= Work item =
The answer must restate every record word for word.

= Data for this task =
□ □ □ □ □

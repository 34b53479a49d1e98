-- ===== src/Store/CallLogs.antt =====
-- internal/store/store.go, lines 798 to 875: the call log and its pages.
pub mod Pages
use callfxo.Prelude.{
  ℕ, suc, ◌+◌, ◌-◌, ◌*◌, ◌%◌, ◌^◌, Bool, true, false, Option, none, some, List, [], ◌∷◌, ◌++◌, map,
  ltb, leb, take, drop, length, if◌then◌else◌,
}
use mathlib.Core.List.{reverse}
use callfxo.Prelude.Integers.{ℤ, pos, negsuc, is_positive, to_nat}
use callfxo.Prelude.Equality.{◌==◌, int_eq, list_eq, nat_eq}
use callfxo.Prelude.Rows.{select, update_where, first, count_where}
use callfxo.Text.{Text}
use callfxo.Store.Schema.{
  FxoBox, CallLogRow, CallLog, Tables, Store, constraint, Result, ok, err, Action, ◌>>=◌, pure,
  statement, read, has_box,
}

unfoldable pub insert_call_log : ℤ → ℤ → Text → Text → Text → ℕ → Tables → Result ℤ × Tables
unfolding has_box
insert_call_log user_id box_id number status reason now t =
    let row : CallLogRow = record {
      id = pos t.next_call_log;
      user_id = user_id;
      fxo_box_id = box_id;
      number = number;
      started_at = now;
      ended_at = none;
      status = status;
      reason = reason;
    } in
    if has_box box_id t
    then (
      ok (pos t.next_call_log),
      record t { call_logs = t.call_logs ++ row ∷ []; next_call_log = suc t.next_call_log },
    )
    else (err constraint, t)

unfoldable pub create_call_log : ℤ → ℤ → Text → Text → Text → ℕ → Action ℤ
unfolding statement insert_call_log
create_call_log user_id box_id number status reason now =
    statement (insert_call_log user_id box_id number status reason now)

-- An id with no row is no error.
unfoldable pub end_call_log : ℤ → Text → Text → ℕ → Action (Unit {0})
unfolding statement
end_call_log id status reason now = statement λ t. (
  ok tt,
  record t {
    call_logs =
        update_where (λ (l : CallLogRow). l.id == id)
          (λ l. record l { ended_at = some now; status = status; reason = reason }) t.call_logs;
  },
)

-- int64 multiplication, as SQLite reads the result: a negative OFFSET is 0.
unfoldable pub page_offset : ℕ → ℕ → ℕ
page_offset page page_size =
    let product = (page - 1) * page_size % 2 ^ 64 in if ltb product (2 ^ 63) then product else 0

unfoldable pub normalize_page : ℤ → ℕ
normalize_page page = if is_positive page then to_nat page else 1

unfoldable pub normalize_page_size : ℤ → ℕ
normalize_page_size page_size =
    if is_positive page_size
    then (if ltb 100 (to_nat page_size) then 100 else to_nat page_size)
    else 10

-- COALESCE(b.name, '') of the LEFT JOIN.
unfoldable pub box_name : List FxoBox → ℤ → Text
box_name boxes id = elim (first (λ (b : FxoBox). b.id == id) boxes) [ none ↦ [] | some b ↦ b.name ]

-- The rows of the user, newest first, before LIMIT and OFFSET.
unfoldable pub logs_of_user : ℤ → Tables → List CallLog
unfolding box_name
logs_of_user user_id t =
    map (λ (l : CallLogRow). record { row = l; fxo_box_name = box_name t.boxes l.fxo_box_id })
      (reverse (select (λ (l : CallLogRow). l.user_id == user_id) t.call_logs))

unfoldable pub count_logs : ℤ → Tables → ℕ
count_logs user_id t = count_where (λ (l : CallLogRow). l.user_id == user_id) t.call_logs

-- LIMIT and OFFSET
unfoldable pub page_of_logs : ℤ → ℕ → ℕ → Tables → List CallLog
page_of_logs user_id page size t = take size (drop (page_offset page size) (logs_of_user user_id t))

unfoldable pub list_call_logs_by_user : ℤ → ℤ → ℤ → Action (List CallLog × ℕ)
list_call_logs_by_user user_id page page_size = do
  total ← read (λ t. ok (count_logs user_id t))
  items ←
      read (λ t. ok (page_of_logs user_id (normalize_page page) (normalize_page_size page_size) t))
  pure (items, total)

□ □ □ □ □

= Result of this exercise =
repository 34b53479a49d1e98
-- ===== src/Store/CallLogs.antt =====
-- internal/store/store.go, lines 798 to 875: the call log and its pages.
pub mod Pages
use callfxo.Prelude.{
  ℕ, suc, ◌+◌, ◌-◌, ◌*◌, ◌%◌, ◌^◌, Bool, true, false, Option, none, some, List, [], ◌∷◌, ◌++◌, map,
  ltb, leb, take, drop, length, if◌then◌else◌,
}
use mathlib.Core.List.{reverse}
use callfxo.Prelude.Integers.{ℤ, pos, negsuc, is_positive, to_nat}
use callfxo.Prelude.Equality.{◌==◌, int_eq, list_eq, nat_eq}
use callfxo.Prelude.Rows.{select, update_where, first, count_where}
use callfxo.Text.{Text}
use callfxo.Store.Schema.{
  FxoBox, CallLogRow, CallLog, Tables, Store, constraint, Result, ok, err, Action, ◌>>=◌, pure,
  statement, read, has_box,
}

unfoldable pub insert_call_log : ℤ → ℤ → Text → Text → Text → ℕ → Tables → Result ℤ × Tables
unfolding has_box
insert_call_log user_id box_id number status reason now t =
    let row : CallLogRow = record {
      id = pos t.next_call_log;
      user_id = user_id;
      fxo_box_id = box_id;
      number = number;
      started_at = now;
      ended_at = none;
      status = status;
      reason = reason;
    } in
    if has_box box_id t
    then (
      ok (pos t.next_call_log),
      record t { call_logs = t.call_logs ++ row ∷ []; next_call_log = suc t.next_call_log },
    )
    else (err constraint, t)

unfoldable pub create_call_log : ℤ → ℤ → Text → Text → Text → ℕ → Action ℤ
unfolding statement insert_call_log
create_call_log user_id box_id number status reason now =
    statement (insert_call_log user_id box_id number status reason now)

-- An id with no row is no error.
unfoldable pub end_call_log : ℤ → Text → Text → ℕ → Action (Unit {0})
unfolding statement
end_call_log id status reason now = statement λ t. (
  ok tt,
  record t {
    call_logs =
        update_where (λ (l : CallLogRow). l.id == id)
          (λ l. record l { ended_at = some now; status = status; reason = reason }) t.call_logs;
  },
)

-- int64 multiplication, as SQLite reads the result: a negative OFFSET is 0.
unfoldable pub page_offset : ℕ → ℕ → ℕ
page_offset page page_size =
    let product = (page - 1) * page_size % 2 ^ 64 in if ltb product (2 ^ 63) then product else 0

unfoldable pub normalize_page : ℤ → ℕ
normalize_page page = if is_positive page then to_nat page else 1

unfoldable pub normalize_page_size : ℤ → ℕ
normalize_page_size page_size =
    if is_positive page_size
    then (if ltb 100 (to_nat page_size) then 100 else to_nat page_size)
    else 10

-- COALESCE(b.name, '') of the LEFT JOIN.
unfoldable pub box_name : List FxoBox → ℤ → Text
box_name boxes id = elim (first (λ (b : FxoBox). b.id == id) boxes) [ none ↦ [] | some b ↦ b.name ]

-- The rows of the user, newest first, before LIMIT and OFFSET.
unfoldable pub logs_of_user : ℤ → Tables → List CallLog
unfolding box_name
logs_of_user user_id t =
    map (λ (l : CallLogRow). record { row = l; fxo_box_name = box_name t.boxes l.fxo_box_id })
      (reverse (select (λ (l : CallLogRow). l.user_id == user_id) t.call_logs))

unfoldable pub count_logs : ℤ → Tables → ℕ
count_logs user_id t = count_where (λ (l : CallLogRow). l.user_id == user_id) t.call_logs

-- LIMIT and OFFSET
unfoldable pub page_of_logs : ℤ → ℕ → ℕ → Tables → List CallLog
page_of_logs user_id page size t = take size (drop (page_offset page size) (logs_of_user user_id t))

unfoldable pub list_call_logs_by_user : ℤ → ℤ → ℤ → Action (List CallLog × ℕ)
list_call_logs_by_user user_id page page_size = do
  total ← read (λ t. ok (count_logs user_id t))
  items ←
      read (λ t. ok (page_of_logs user_id (normalize_page page) (normalize_page_size page_size) t))
  pure (items, total)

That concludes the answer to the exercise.